→ Exercise prompt
Working from the entries below, give again each line from the first through the one containing "let r1 = record", exactly and with nothing else.

→ Collected data entries
[Start of Attachment]
-- ===== src/Rfit/World/Registry.antt =====
-- The two caches: `R::getUniqueR` and `R::getRCount` of src/RFIT/R/resource.cpp, `F::getF`,
-- `F::registerF` and the constructor of `F` in src/RFIT/F/function.cpp. The second look under the
-- exclusive lock meets the map as the first one left it, or as another thread's registration did.
use tpfaas.Base.{
  ℕ, suc, not, String, [], ◌∷◌, ◌++◌, Option, none, some, Outcome, ok, ◌>>◌, assert, ◌==◌,
}
use tpfaas.Utils.Queue
use tpfaas.Wavm.{map_size}
use tpfaas.Rfit.Function.{null, new_f}
use tpfaas.Rfit.Resource.{R, Resource}
use tpfaas.Rfit.World.{Platform, World, set_f, set_r}

-- `f ? *f : nullptr`
abbrev pub or_null : Option ℕ → ℕ
or_null none = null
or_null (some f) = f

module _ (p : Platform) where
  -- the constructor of `R`
  unfoldable pub new_r : Resource → R p.hm
  new_r res = record {
    r = res;
    functions = [];
    idle_task = Queue.new_queue;
    busy_task = p.hm.empty;
  }

  -- `R::getUniqueR`
  unfoldable pub get_unique_r : World p → Resource → ℕ × World p
  get_unique_r w res = elim (p.hm.get w.resource_map res.hash) [
    | some r ↦ (r, w)
    | none ↦ (
      w.next,
      record (set_r p w w.next (new_r res)) {
        resource_map = p.hm.add w.resource_map res.hash w.next;
        next = suc w.next;
      },
    )
  ]

  -- `R::getRCount`
  unfoldable pub get_r_count : World p → ℕ
  get_r_count w = map_size p.hm w.resource_map

  -- `F::getF`: the null pointer if nothing is registered under the name
  unfoldable pub get_f : World p → String → ℕ
  get_f w function_name = or_null (p.sm.get w.function_map function_name)

  -- `new F(...)`: the record of the limits is found or made, and the function is added to it.
  unfoldable pub construct_f : World p → String → ℕ → Resource → ℕ → ℕ × World p
  construct_f w function_name entry_addr res concurrency_limit =
      let (ra, w1) = get_unique_r w res in
      let fa = w1.next in
      let f = new_f function_name entry_addr ra concurrency_limit (p.uninitialised fa) in
      let r = w1.resources ra in
      let r1 = record r { functions = r.functions ++ fa ∷ [] } in
      (fa, record (set_r p (set_f p w1 fa f) ra r1) { next = suc fa })

  -- `F::registerF`
  unfoldable pub register_f : World p → String → ℕ → Resource → ℕ → Outcome (World p)
  register_f w function_name entry_addr res concurrency_limit =
      elim (p.sm.get w.function_map function_name) [
        | some _ ↦ ok w
        | none ↦ do
          assert (not (entry_addr == null))
          let (fa, w1) = construct_f w function_name entry_addr res concurrency_limit
          ok (record w1 { function_map = p.sm.add w1.function_map function_name fa })
      ]
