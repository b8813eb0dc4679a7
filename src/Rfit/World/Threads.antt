-- ===== src/Rfit/World/Threads.antt =====
-- src/RFIT/R/resource.cpp on the threads: the idle queue and the busy map of an `R`.
use tpfaas.Base.{
  ℕ, Bool, true, false, not, ◌&&◌, List, [], ◌∷◌, ◌==◌, if◌then◌else◌, Outcome, ok, ◌>>=◌, ◌>>◌,
  assert,
}
use tpfaas.Utils.Queue
use tpfaas.Wavm.{add_or_fail, remove_or_fail}
use tpfaas.Rfit.Function.{null}
use tpfaas.Rfit.Task.{TStatus}
use tpfaas.Rfit.World.{Platform, World, set_r, set_t}

-- `t->getStatus() == s`
abbrev pub status_is : TStatus → TStatus → Bool
status_is TStatus.idle TStatus.idle = true
status_is TStatus.busy TStatus.busy = true
status_is TStatus.none TStatus.none = true
status_is _ _ = false

module _ (p : Platform) where
  -- `getTFromIdle`
  unfoldable pub get_t_from_idle : World p → ℕ → ℕ × World p
  get_t_from_idle w ra =
      let r = w.resources ra in
      let (t, q) = Queue.try_dequeue r.idle_task null in
      let w1 = set_r p w ra (record r { idle_task = q }) in
      if t == null
      then (t, w1)
      else (t, set_t p w1 t (record (w1.threads t) { status = TStatus.none }))

  -- `putT2Idle`
  unfoldable pub put_t2_idle : World p → ℕ → ℕ → Outcome (World p)
  put_t2_idle w ra t = do
    assert (not (t == null) && status_is (w.threads t).status TStatus.none)
    let w1 = set_t p w t (record (w.threads t) { status = TStatus.idle })
    let r = w1.resources ra
    ok (set_r p w1 ra (record r { idle_task = Queue.enqueue r.idle_task t }))

  -- `removeTFromBusy`
  unfoldable pub remove_t_from_busy : World p → ℕ → ℕ → Outcome (World p)
  remove_t_from_busy w ra t = do
    assert (not (t == null) && status_is (w.threads t).status TStatus.busy)
    let w1 = set_t p w t (record (w.threads t) { status = TStatus.none })
    let r = w1.resources ra
    m ← remove_or_fail p.hm r.busy_task (w1.threads t).hash
    let w2 = set_r p w1 ra (record r { busy_task = m })
    ok (set_t p w2 t (record (w2.threads t) { work_for = null; direct_run = false }))

  -- `putT2Busy`
  unfoldable pub put_t2_busy : World p → ℕ → ℕ → Outcome (World p)
  put_t2_busy w ra t = do
    assert (not (t == null) && status_is (w.threads t).status TStatus.none)
    let w1 = set_t p w t (record (w.threads t) { status = TStatus.busy })
    let r = w1.resources ra
    m ← add_or_fail p.hm r.busy_task (w1.threads t).hash t
    ok (set_r p w1 ra (record r { busy_task = m }))

  -- the loop of `getIdleTFromOtherR` over the cache
  unfoldable pub idle_from_others : World p → ℕ → List (ℕ × ℕ) → ℕ × World p
  idle_from_others w own [] = (null, w)
  idle_from_others w own ((key, value) ∷ rest) =
      let skip = idle_from_others w own rest in
      let (t, w1) = get_t_from_idle w value in
      let next = idle_from_others w1 own rest in
      if key == own then skip else if t == null then next else (t, w1)

  -- `getIdleTFromOtherR`
  unfoldable pub get_idle_t_from_other_r : World p → ℕ → ℕ × World p
  get_idle_t_from_other_r w ra =
      idle_from_others w (w.resources ra).r.hash (p.hm.entries w.resource_map)

  -- `getIdleT`
  unfoldable pub get_idle_t : World p → ℕ → ℕ × World p
  get_idle_t w ra = get_t_from_idle w ra
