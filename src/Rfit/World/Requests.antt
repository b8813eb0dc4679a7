-- ===== src/Rfit/World/Requests.antt =====
-- src/RFIT/I/instance.cpp, and of src/RFIT/T/task.cpp what gives an instance a thread:
-- `T::get_T_for_I`, the constructor of `T` and `bind_os_thread`; src/utils/sync.cpp.
use tpfaas.Base.{
  ℕ, zero, suc, ◌+◌, ◌-◌, Bool, true, false, not, pos, ◌==◌, if◌then◌else◌, Outcome, ok, fault,
  dangling, ◌>>=◌,
}
use tpfaas.Rfit.Function.{null, is_concurrency, add_i2f, try_scale_down_cap, scale_cap, to_iptr}
use tpfaas.Rfit.Task.{T, TStatus}
use tpfaas.Rfit.World.{Platform, World, update, set_f, set_t}
use tpfaas.Rfit.World.Threads.{get_idle_t, put_t2_busy}

-- TRY_COUNT
abbrev pub try_count : ℕ
try_count = 3

-- The loop of `bind_os_thread`: `create k` is what the k-th call of `pthread_create` returns; the
-- result comes with the number of the next call. `try_c` is counted down by each new try.
unfoldable pub bind_loop : (ℕ → ℕ) → ℕ → ℕ → Bool × ℕ
bind_loop create zero k = if create k == 0 then (true, suc k) else (false, suc k)
bind_loop create (suc try_c) k =
    let again = bind_loop create try_c (suc k) in if create k == 0 then (true, suc k) else again

module _ (p : Platform) where
  -- `T::bind_os_thread`
  unfoldable pub bind_os_thread : World p → ℕ → Bool × World p
  bind_os_thread w t =
      let (bound, k) = bind_loop p.pthread_create try_count w.creations in
      (
        bound,
        record w {
          creations = k;
          started = (if bound then update w.started t true else w.started);
        },
      )

  -- `thread_wake_up_one`
  unfoldable pub thread_wake_up_one : World p → ℕ → World p
  thread_wake_up_one w t =
      set_t p w t (record (w.threads t) { sem_word = (w.threads t).sem_word + 1 })

  -- the constructor of `I`
  unfoldable pub new_i : World p → ℕ → ℕ → ℕ × World p
  new_i w f request = (
    w.next,
    record w {
      instances =
          update w.instances w.next
            (record { hash = p.hashing.hash request; f = f; request = request });
      live = update w.live w.next true;
      next = suc w.next;
    },
  )

  -- `I::release_instance_space`
  unfoldable pub release_instance_space : World p → ℕ → World p
  release_instance_space w i = record w { live = update w.live i false }

  -- the constructor of `T`, for the instance `i`; its hash is read from `i`
  unfoldable pub new_t : World p → ℕ → ℕ → Outcome (World p)
  new_t w f i =
      if not (w.live i)
      then fault dangling
      else (let direct = not (is_concurrency (w.functions f)) in
          let t : T p.hm = record {
            hash = p.hashing.hash (w.instances i).hash;
            sem_word = 0;
            work_for = f;
            deal_with = (if direct then i else null);
            direct_run = direct;
            local_i_map = p.hm.empty;
            status = TStatus.none;
          } in
          do
            w1 ←
                put_t2_busy p (record (set_t p w w.next t) { next = suc w.next }) (w.functions f).r
                  w.next
            ok (bind_os_thread w1 w.next).1)

  -- `T::get_T_for_I`
  unfoldable pub get_t_for_i : World p → ℕ → ℕ → Outcome (World p)
  get_t_for_i w i f =
      let (t, w1) = get_idle_t p w (w.functions f).r in
      if t == null
      then new_t w1 f i
      else (let direct = not (is_concurrency (w1.functions f)) in
          let w2 = set_t p w1 t (record (w1.threads t) {
            deal_with = (if direct then i else (w1.threads t).deal_with);
            direct_run = (if direct then true else (w1.threads t).direct_run);
            work_for = f;
          }) in
          do w3 ← put_t2_busy p w2 (w2.functions f).r t; ok (thread_wake_up_one w3 t))

  -- `I::addI2F`: whether a thread has to be woken or started
  unfoldable pub add_i_to_f : World p → ℕ → ℕ → Outcome (Bool × World p)
  add_i_to_f w i fa =
      if not (is_concurrency (w.functions fa))
      then ok (true, w)
      else (let f1 = add_i2f (w.functions fa) i in
          do
            (taken, f2) ← try_scale_down_cap f1 (pos 1)
            if taken then ok (false, set_f p w fa f2) else (do
              (_, f3) ← scale_cap f2 (to_iptr (f2.concurrency_limit - 1))
              ok (true, set_f p w fa f3)))

  -- `I::make_request`
  unfoldable pub make_request : World p → ℕ → ℕ → Outcome (World p)
  make_request w f request =
      let (i, w1) = new_i w f request in
      do (needed, w2) ← add_i_to_f w1 i f; if needed then get_t_for_i w2 i f else ok w2
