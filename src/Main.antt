-- ===== src/Main.antt =====
-- main.cpp: the two programs that `FCGI_ENABLE` chooses from.
pub mod Keeping
pub mod Served
pub mod Requests
use tpfaas.Base.{
  ℕ, zero, suc, ◌+◌, Bool, true, false, List, [], ◌∷◌, ℤ, pos, ltb_ℤ, if◌then◌else◌, Outcome, ok,
  ◌>>=◌,
}
use tpfaas.Rfit.Resource.{default_resource}
use tpfaas.Rfit.World.{Platform, World}
use tpfaas.Rfit.World.Registry.{get_f, register_f}
use tpfaas.Rfit.World.Requests.{make_request}

module _ (p : Platform) where
  -- The loop over the accepted requests: each call of `FCGX_Accept_r` has a return code and the
  -- address of its request, and the loop ends at a negative code.
  unfoldable pub accept_loop : World p → ℕ → List (ℤ × ℕ) → Outcome (World p)
  accept_loop w f_a [] = ok w
  accept_loop w f_a ((rc, request) ∷ rest) =
      if ltb_ℤ rc (pos 0)
      then ok w
      else (do w1 ← make_request p w f_a request; accept_loop w1 f_a rest)

  -- `main` with FCGI_ENABLE, where `task_f` is the address of `taskF`
  unfoldable pub main_fcgi : World p → ℕ → List (ℤ × ℕ) → Outcome (World p)
  main_fcgi w task_f accepted = do
    w1 ← register_f p w "taskA" task_f (default_resource p.hashing) 100
    accept_loop w1 (get_f p w1 "taskA") accepted

  -- The `for` loop from `i` on, with the rounds that are left.
  unfoldable pub request_loop : ℕ → World p → ℕ → ℕ → Outcome (World p)
  request_loop zero w f_b i = ok w
  request_loop (suc n) w f_b i = do w1 ← make_request p w f_b i; request_loop n w1 f_b (suc i)

  -- `main` without FCGI_ENABLE, up to its `sleep`; `q_count` stands for `Q_COUNT`.
  unfoldable pub main_direct : World p → ℕ → ℕ → Outcome (World p)
  main_direct w task_t q_count = do
    w1 ← register_f p w "taskB" task_t (default_resource p.hashing) 1
    request_loop q_count w1 (get_f p w1 "taskB") 1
[End of Attachment]
→ Completed exercise
-- ===== src/Rfit/World/Registry.antt =====
-- The two caches: `R::getUniqueR` and `R::getRCount` of src/RFIT/R/resource.cpp, `F::getF`,
-- `F::registerF` and the constructor of `F` in src/RFIT/F/function.cpp. The second look under the
-- exclusive lock meets the map as the first one left it, or as another thread's registration did.
use tpfaas.Base.{
  ℕ, suc, not, String, [], ◌∷◌, ◌++◌, Option, none, some, Outcome, ok, ◌>>◌, assert, ◌==◌,
}
use tpfaas.Utils.Queue
use tpfaas.Wavm.{map_size}
use tpfaas.Rfit.Function.{null, new_f}
use tpfaas.Rfit.Resource.{R, Resource}
use tpfaas.Rfit.World.{Platform, World, set_f, set_r}

-- `f ? *f : nullptr`
abbrev pub or_null : Option ℕ → ℕ
or_null none = null
or_null (some f) = f

module _ (p : Platform) where
  -- the constructor of `R`
  unfoldable pub new_r : Resource → R p.hm
  new_r res = record {
    r = res;
    functions = [];
    idle_task = Queue.new_queue;
    busy_task = p.hm.empty;
  }

  -- `R::getUniqueR`
  unfoldable pub get_unique_r : World p → Resource → ℕ × World p
  get_unique_r w res = elim (p.hm.get w.resource_map res.hash) [
    | some r ↦ (r, w)
    | none ↦ (
      w.next,
      record (set_r p w w.next (new_r res)) {
        resource_map = p.hm.add w.resource_map res.hash w.next;
        next = suc w.next;
      },
    )
  ]

  -- `R::getRCount`
  unfoldable pub get_r_count : World p → ℕ
  get_r_count w = map_size p.hm w.resource_map

  -- `F::getF`: the null pointer if nothing is registered under the name
  unfoldable pub get_f : World p → String → ℕ
  get_f w function_name = or_null (p.sm.get w.function_map function_name)

  -- `new F(...)`: the record of the limits is found or made, and the function is added to it.
  unfoldable pub construct_f : World p → String → ℕ → Resource → ℕ → ℕ × World p
  construct_f w function_name entry_addr res concurrency_limit =
      let (ra, w1) = get_unique_r w res in
      let fa = w1.next in
      let f = new_f function_name entry_addr ra concurrency_limit (p.uninitialised fa) in
      let r = w1.resources ra in
      let r1 = record r { functions = r.functions ++ fa ∷ [] } in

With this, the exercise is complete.